I’d never been so relieved in my life. I’d only just learned how to French kiss moments before. Despite reading Dr. David Reuben’s book from cover to cover several times over, I still had no idea what was expected of me had she said tonight’s the night.
Kathy’s Mom came home around 10:30. She looked at us suspiciously. Kathy said, “Mom, we didn’t do anything. We just listened to albums.”
Her Mom looked skeptical. “I don’t want anything going on around here,” she warned.
“Oh no!” I said quickly. “No, no, no, no. Nothing.”

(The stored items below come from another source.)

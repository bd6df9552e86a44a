-- ===== src/Cpu/Shared/Before.antt =====
-- cpu.go: `Before` on stored traces.
use wzprof.Base.{ℕ, ◌≡◌, refl, List, [], ◌∷◌, ◌++◌, map, Option, none, some, arith}
use wzprof.Trace.{Function, StackFrame, StackTrace, no_trace, make_stack_trace}
use wzprof.Trace.Slices.Moves.{owns-nil_slice, read-emptied}
use wzprof.Trace.Slices.{Slicing}
use wzprof.Trace.Store.{Store, SharedTrace, SharedCounts, no_shared_trace, view, view_counts, make}
use wzprof.Trace.Store.Keeps.{IsOldTrace, make-TraceMoves, view-make}
use wzprof.Trace.Store.Owned.{owned, Beside, Same, Beside-Same, stacks, Same-counts}
use wzprof.Cpu.{reuse_trace, before}
use wzprof.Cpu.Shared.{Machine, take_trace, shared_before, view_frame, view_profiler, view_handed}
use wzprof.Cpu.Shared.Traces.{
  Alone, Alone-le, Alone-AreOld, Alone-Beside, Alone-TraceMoves, owned_parts, frame_traces,
  count_traces, handed_traces, owners, Same-append, Same-frames, Same-traces, Same-handed,
}

nil_view : (st : Store) → view st no_shared_trace ≡ record { fns = []; pcs = []; key = 0 }
unfolding view
nil_view st =
    rw (read-emptied st.fns no_shared_trace.fns, read-emptied st.pcs no_shared_trace.pcs) refl

-- `Before`.
module _ (of_fns : Slicing Function) (of_pcs : Slicing ℕ) (hash : List ℕ → ℕ) (now : ℕ)
    (stack : List StackFrame) where
  abbrev pushed : Machine → Machine
  pushed = shared_before of_fns of_pcs hash now stack

  abbrev made : Machine → SharedTrace → Store × SharedTrace
  made p t = make of_fns of_pcs hash p.store t stack

  -- The traces beside the one that is reused.
  abbrev beside : Machine → SharedCounts → List SharedTrace → List SharedTrace
  beside p m ts = stacks m ++ (frame_traces p.frames ++ (ts ++ handed_traces p.handed))

  -- The machine with the new trace in a frame.
  abbrev framed : Machine → SharedCounts → SharedTrace → List SharedTrace → Machine
  framed p m t ts = record p {
    store = (made p t).0;
    counts = some m;
    frames = record { start = now; sub = 0; trace = (made p t).1 } ∷ p.frames;
    traces = ts;
  }

  module _ (p : Machine) (m : SharedCounts) (t : SharedTrace) (ts : List SharedTrace)
      (old : IsOldTrace p.store t) (b : Beside p.store t (beside p m ts)) where
    framed-Alone : Alone (framed p m t ts).store (owners (framed p m t ts))
    unfolding count_traces owned
    framed-Alone =
        Alone-le (made p t).0 ((made p t).1 ∷ beside p m ts) (owners (framed p m t ts))
          (λ part nil a. omega (
            arith,
            owned_parts part a (stacks m) (frame_traces p.frames) ts (handed_traces p.handed),
            owned_parts part a (stacks m) ((made p t).1 ∷ frame_traces p.frames) ts
                (handed_traces p.handed),
          ))
          (Alone-TraceMoves p.store t (made p t).0 (made p t).1 (beside p m ts)
            (make-TraceMoves of_fns of_pcs hash p.store t stack old) b)

    same : Same p.store (made p t).0 (beside p m ts)
    same =
        Beside-Same p.store t (made p t).0 (made p t).1 (beside p m ts)
          (make-TraceMoves of_fns of_pcs hash p.store t stack old) b

    framed-view :
        (reused : StackTrace)
        → view_profiler (framed p m t ts) ≡ record {
          counts = some (view_counts p.store m);
          frames =
              record { start = now; sub = 0; trace = make_stack_trace hash reused stack }
              ∷ map (view_frame p.store) p.frames;
          traces = map (view p.store) ts;
          start = p.start;
          host = p.host;
        }
    unfolding view_profiler
    framed-view reused =
        let (counts, others) = Same-append p.store (made p t).0 (stacks m) _ same in
        let (frames, more) = Same-append p.store (made p t).0 (frame_traces p.frames) _ others in
        let (traces, handed) = Same-append p.store (made p t).0 ts (handed_traces p.handed) more in
        rw
          (
            Same-counts p.store (made p t).0 m counts,
            Same-frames p.store (made p t).0 p.frames frames,
            Same-traces p.store (made p t).0 ts traces,
            view-make of_fns of_pcs hash p.store t reused stack,
          )
          refl

    framed-handed : view_handed (framed p m t ts) ≡ view_handed p
    unfolding view_handed
    framed-handed =
        let (counts, others) = Same-append p.store (made p t).0 (stacks m) _ same in
        let (frames, more) = Same-append p.store (made p t).0 (frame_traces p.frames) _ others in
        let (traces, handed) = Same-append p.store (made p t).0 ts (handed_traces p.handed) more in
        Same-handed p.store (made p t).0 p.handed handed

  -- The traces of a profile beside the one that is reused.
  abbrev live : Machine → SharedCounts → List SharedTrace → Machine
  live p m ts = record p { counts = some m; traces = ts }

  nil_old : (p : Machine) → IsOldTrace p.store no_shared_trace
  nil_old p = record { fns = λ a l. owns-nil_slice a; pcs = λ a l. owns-nil_slice a }

  nil_beside :
      (p : Machine) (m : SharedCounts)
      → Alone p.store (owners (live p m []))
      → Beside p.store no_shared_trace (beside p m [])
  unfolding count_traces owned
  nil_beside p m h = Alone-Beside p.store no_shared_trace (beside p m []) (
      Alone-le p.store (owners (live p m [])) (no_shared_trace ∷ beside p m [])
        (λ part nil a. omega (arith, nil a)) h)

  -- The trace that is reused in front.
  front :
      (p : Machine) (m : SharedCounts) (t : SharedTrace) (ts : List SharedTrace)
      → Alone p.store (owners (live p m (t ∷ ts)))
      → Alone p.store (t ∷ beside p m ts)
  unfolding count_traces owned
  front p m t ts h =
      Alone-le p.store (owners (live p m (t ∷ ts))) (t ∷ beside p m ts)
        (λ part nil a. omega (
          arith,
          owned_parts part a (stacks m) (frame_traces p.frames) ts (handed_traces p.handed),
          owned_parts part a (stacks m) (frame_traces p.frames) (t ∷ ts) (handed_traces p.handed),
        ))
        h

  front_beside :
      (p : Machine) (m : SharedCounts) (t : SharedTrace) (ts : List SharedTrace)
      → Alone p.store (owners (live p m (t ∷ ts)))
      → Beside p.store t (beside p m ts)
  front_beside p m t ts h = Alone-Beside p.store t (beside p m ts) (front p m t ts h)

  front_old :
      (p : Machine) (m : SharedCounts) (t : SharedTrace) (ts : List SharedTrace)
      → Alone p.store (owners (live p m (t ∷ ts)))
      → IsOldTrace p.store t
  front_old p m t ts h = (Alone-AreOld p.store (t ∷ beside p m ts) (front p m t ts h)).0

  abbrev rest : Machine → Option SharedCounts → List SharedTrace → Machine
  rest p o ts = record p { counts = o; traces = ts }

  pub before-Alone :
      (p : Machine) (o : Option SharedCounts) (ts : List SharedTrace)
      → Alone p.store (owners (rest p o ts))
      → Alone (pushed (rest p o ts)).store (owners (pushed (rest p o ts)))
  unfolding shared_before take_trace count_traces owned
  before-Alone p none ts h =
      Alone-le p.store (owners (rest p none ts)) (owners (pushed (rest p none ts)))
        (λ part nil a. omega (arith, nil a)) h
  before-Alone p (some m) [] h =
      framed-Alone (rest p (some m) []) m no_shared_trace [] (nil_old p) (nil_beside p m h)
  before-Alone p (some m) (t ∷ ts) h =
      framed-Alone (rest p (some m) ts) m t ts (front_old p m t ts h) (front_beside p m t ts h)

  pub before-view :
      (p : Machine) (o : Option SharedCounts) (ts : List SharedTrace)
      → Alone p.store (owners (rest p o ts))
      → view_profiler (pushed (rest p o ts)) ≡ before hash now stack (view_profiler (rest p o ts))
  unfolding shared_before take_trace view_profiler before reuse_trace
  before-view p none ts h = rw (nil_view p.store) refl
  before-view p (some m) [] h =
      framed-view (rest p (some m) []) m no_shared_trace [] (nil_old p) (nil_beside p m h) no_trace
  before-view p (some m) (t ∷ ts) h =
      framed-view (rest p (some m) ts) m t ts (front_old p m t ts h) (front_beside p m t ts h)
        (view p.store t)

  pub before-handed :
      (p : Machine) (o : Option SharedCounts) (ts : List SharedTrace)
      → Alone p.store (owners (rest p o ts))
      → view_handed (pushed (rest p o ts)) ≡ view_handed p
  unfolding shared_before take_trace view_handed
  before-handed p none ts h = refl
  before-handed p (some m) [] h =
      framed-handed (rest p (some m) []) m no_shared_trace [] (nil_old p) (nil_beside p m h)
  before-handed p (some m) (t ∷ ts) h =
      framed-handed (rest p (some m) ts) m t ts (front_old p m t ts h) (front_beside p m t ts h)
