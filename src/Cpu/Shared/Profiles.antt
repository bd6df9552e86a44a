-- ===== src/Cpu/Shared/Profiles.antt =====
-- cpu.go: `StartProfile` and `StopProfile` on stored traces.
use wzprof.Base.{
  ℕ, ◌≤◌, ◌≡◌, refl, inl, inr, [], ◌∷◌, Option, none, some, if◌then◌else◌, Bool-cases, arith,
}
use wzprof.Trace.{host}
use wzprof.Trace.Slices.{Slice}
use wzprof.Trace.Store.{Store, SharedTrace, SharedCounts, view, view_counts}
use wzprof.Trace.Store.Owned.{owned, stacks}
use wzprof.Cpu.{start_profile, stop_profile, drop_host}
use wzprof.Cpu.Shared.{
  Machine, shared_start, shared_stop, shared_drop_host, view_profiler, view_handed, with_samples,
}
use wzprof.Cpu.Shared.Traces.{
  Alone, Alone-le, owned_parts, frame_traces, count_traces, handed_traces, owners,
}

-- `StartProfile`, and `StopProfile`.
pub start-Alone :
    (now : ℕ) (p : Machine) (o : Option SharedCounts)
    → Alone p.store (owners (record p { counts = o }))
    → Alone
        (shared_start now (record p { counts = o })).store
        (owners (shared_start now (record p { counts = o })))
unfolding shared_start count_traces stacks
start-Alone now p none h = h
start-Alone now p (some m) h = h

pub start-view :
    (now : ℕ) (p : Machine) (o : Option SharedCounts)
    → view_profiler (shared_start now (record p { counts = o }))
      ≡ (start_profile now (view_profiler (record p { counts = o }))).1
unfolding shared_start view_profiler start_profile
start-view now p none = refl
start-view now p (some m) = refl

pub start-handed :
    (now : ℕ) (p : Machine) (o : Option SharedCounts)
    → view_handed (shared_start now (record p { counts = o })) ≡ view_handed p
unfolding shared_start view_handed
start-handed now p none = refl
start-handed now p (some m) = refl

pub start_frames : (now : ℕ) (p : Machine) → (shared_start now p).frames ≡ p.frames
unfolding shared_start
start_frames now p = ground arith

pub stop_frames : (p : Machine) → (shared_stop p).frames ≡ p.frames
unfolding shared_stop
stop_frames p = ground arith

module _ (st : Store) where
  view-drop_host :
      (m : SharedCounts) → view_counts st (shared_drop_host st m) ≡ drop_host (view_counts st m)
  unfolding view_counts shared_drop_host drop_host
  view-drop_host [] = refl
  view-drop_host ((k, sc) ∷ m) = elim (Bool-cases (host (view st sc.stack))) [
    | inl e ↦ rw (e, view-drop_host m) refl
    | inr e ↦ rw (e, view-drop_host m) refl
  ]

  owned-drop_host :
      (part : SharedTrace → Slice) (a : ℕ) (m : SharedCounts)
      → owned part a (stacks (shared_drop_host st m)) ≤ owned part a (stacks m)
  unfolding shared_drop_host stacks owned
  owned-drop_host part a [] = omega arith
  owned-drop_host part a ((k, sc) ∷ m) = elim (Bool-cases (host (view st sc.stack))) [
    | inl e ↦ rw e (omega (arith, owned-drop_host part a m))
    | inr e ↦ rw e (omega (arith, owned-drop_host part a m))
  ]

-- The samples that `StopProfile` hands over.
abbrev kept : Machine → SharedCounts → SharedCounts
kept p m = if p.host then m else shared_drop_host p.store m

owned-kept :
    (part : SharedTrace → Slice) (p : Machine) (a : ℕ) (m : SharedCounts)
    → owned part a (stacks (kept p m)) ≤ owned part a (stacks m)
owned-kept part p a m = elim (Bool-cases p.host) [
  | inl e ↦ rw e (omega arith)
  | inr e ↦ rw e (owned-drop_host p.store part a m)
]

pub stop-Alone :
    (p : Machine) (o : Option SharedCounts)
    → Alone p.store (owners (record p { counts = o }))
    → Alone
        (shared_stop (record p { counts = o })).store
        (owners (shared_stop (record p { counts = o })))
unfolding shared_stop count_traces handed_traces
stop-Alone p none h = h
stop-Alone p (some m) h =
    Alone-le p.store _ _
      (λ part nil a. omega (
        arith,
        owned-kept part p a m,
        owned_parts part a (stacks m) (frame_traces p.frames) p.traces (handed_traces p.handed),
        owned_parts part a (frame_traces p.frames) p.traces (stacks (kept p m))
            (handed_traces p.handed),
      ))
      h

view-kept :
    (p : Machine) (m : SharedCounts)
    → view_counts p.store (kept p m)
      ≡ (if p.host then view_counts p.store m else drop_host (view_counts p.store m))
view-kept p m = elim (Bool-cases p.host) [
  | inl e ↦ rw e refl
  | inr e ↦ rw e (view-drop_host p.store m)
]

pub stop-view :
    (p : Machine) (o : Option SharedCounts)
    → view_profiler (shared_stop (record p { counts = o }))
      ≡ (stop_profile (view_profiler (record p { counts = o }))).1
unfolding shared_stop view_profiler stop_profile
stop-view p none = refl
stop-view p (some m) = refl

pub stop-handed :
    (p : Machine) (o : Option SharedCounts)
    → view_handed (shared_stop (record p { counts = o }))
      ≡ with_samples (stop_profile (view_profiler (record p { counts = o }))).0 (view_handed p)
unfolding shared_stop view_profiler view_handed stop_profile
stop-handed p none = refl
stop-handed p (some m) = rw (view-kept p m) refl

With that I said good night to Kathy and told her Mom how very nice it was to see her again. She nodded but her eyes were narrowed.
Kathy and I lasted about another two weeks, which constituted a committed, long-term relationship at our age. A cosuin had introduced her to a boy who, Kathy told me apologetically, had bedroom eyes. The unspoken question being How could she not start dating him.
I began walking home certain I’d kill myself that night. By the time I’d hit the back door, though, I was over Kathy.
I never did find out if Kathy Masturbant was, well, masturbating when she swung her leg so heroically. In retrospect, I realize I was never cut out to be as accomplished a sex researcher as Debra Herbenick.
♢
THEME FROM SHAFT
Any song off this double album still makes my legs weak.